## Problem to work on
Find and copy the lines in the records beneath this task that contain the word "ftpii".

━━ Provided records

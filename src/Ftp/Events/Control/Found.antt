-- ===== src/Ftp/Events/Control/Found.antt =====
-- What `strstr(next, CRLF)` finds, source/ftp.c.
use ftpii.Base.{
  ℕ, ◌≤◌, ◌≡◌, ◌≢◌, ap, false, ◌&&◌, [], ◌∷◌, ◌++◌, Option, none, some, arith, Bytes, ◌==◌, length,
  inl, inr, Bool-cases,
}
use ftpii.Ftp.Events.Control.Lines.{find_crlf, onto_line}

abbrev crlf_between : Bytes → Bytes → Bytes
crlf_between line rest = line ++ b'\r' ∷ b'\n' ∷ rest

-- The line ends at a CR LF of the text, and no line of the text is shorter; or the text has no CR LF.
abbrev pub Finds : Bytes → Option (Bytes × Bytes) → Type 0
Finds s none = (l r : Bytes) → s ≢ l ++ b'\r' ∷ b'\n' ∷ r
Finds s (some (line, rest)) =
    (s ≡ line ++ b'\r' ∷ b'\n' ∷ rest)
    × ((l r : Bytes) → s ≡ l ++ b'\r' ∷ b'\n' ∷ r → length line ≤ length l)

no_crlf-nil : (l r : Bytes) → [] ≢ l ++ b'\r' ∷ b'\n' ∷ r
no_crlf-nil [] r e = cc
no_crlf-nil (x ∷ l) r e = cc

no_crlf-single : (c : ℕ) (l r : Bytes) → c ∷ [] ≢ l ++ b'\r' ∷ b'\n' ∷ r
no_crlf-single c [] r e = cc
no_crlf-single c (x ∷ l) r e = no_crlf-nil l r (cc)

onto-no_crlf :
    (c d : ℕ) (s : Bytes)
    → (c == b'\r' && d == b'\n') ≡ false
    → ((l r : Bytes) → d ∷ s ≢ l ++ b'\r' ∷ b'\n' ∷ r)
    → (l r : Bytes) → c ∷ d ∷ s ≢ l ++ b'\r' ∷ b'\n' ∷ r
onto-no_crlf c d s n h [] r e = ground arith
onto-no_crlf c d s n h (x ∷ l) r e = h l r (cc)

onto-shortest :
    (c d : ℕ) (s line : Bytes)
    → (c == b'\r' && d == b'\n') ≡ false
    → ((l r : Bytes) → d ∷ s ≡ l ++ b'\r' ∷ b'\n' ∷ r → length line ≤ length l)
    → (l r : Bytes) → c ∷ d ∷ s ≡ l ++ b'\r' ∷ b'\n' ∷ r
    → length (c ∷ line) ≤ length l
onto-shortest c d s line n h [] r e = ground arith
onto-shortest c d s line n h (x ∷ l) r e =
    let k : d ∷ s ≡ l ++ b'\r' ∷ b'\n' ∷ r = cc in omega (arith, h l r k)

Finds-onto :
    (c d : ℕ) (s : Bytes) (o : Option (Bytes × Bytes))
    → (c == b'\r' && d == b'\n') ≡ false
    → Finds (d ∷ s) o
    → Finds (c ∷ d ∷ s) (onto_line c o)
unfolding onto_line
Finds-onto c d s none n h = onto-no_crlf c d s n h
Finds-onto c d s (some (line, rest)) n h = (ap (◌∷◌ c) h.0, onto-shortest c d s line n h.1)

-- The line that `process_control_events` takes ends at the first CR LF of the text, and there is none
-- exactly where the text has no CR LF.
pub find_crlf-Finds : (s : Bytes) → Finds s (find_crlf s)
unfolding find_crlf
find_crlf-Finds [] = no_crlf-nil
find_crlf-Finds (c ∷ []) = no_crlf-single c
find_crlf-Finds (c ∷ d ∷ s) = elim (Bool-cases (c == b'\r' && d == b'\n')) [
  | inl found ↦ rw found (ground arith, λ l r e. omega arith)
  | inr other ↦ rw other (Finds-onto c d s (find_crlf (d ∷ s)) other (find_crlf-Finds (d ∷ s)))
]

━━━━

## Answer below
use ftpii.Base.{
use ftpii.Ftp.Events.Control.Lines.{find_crlf, onto_line}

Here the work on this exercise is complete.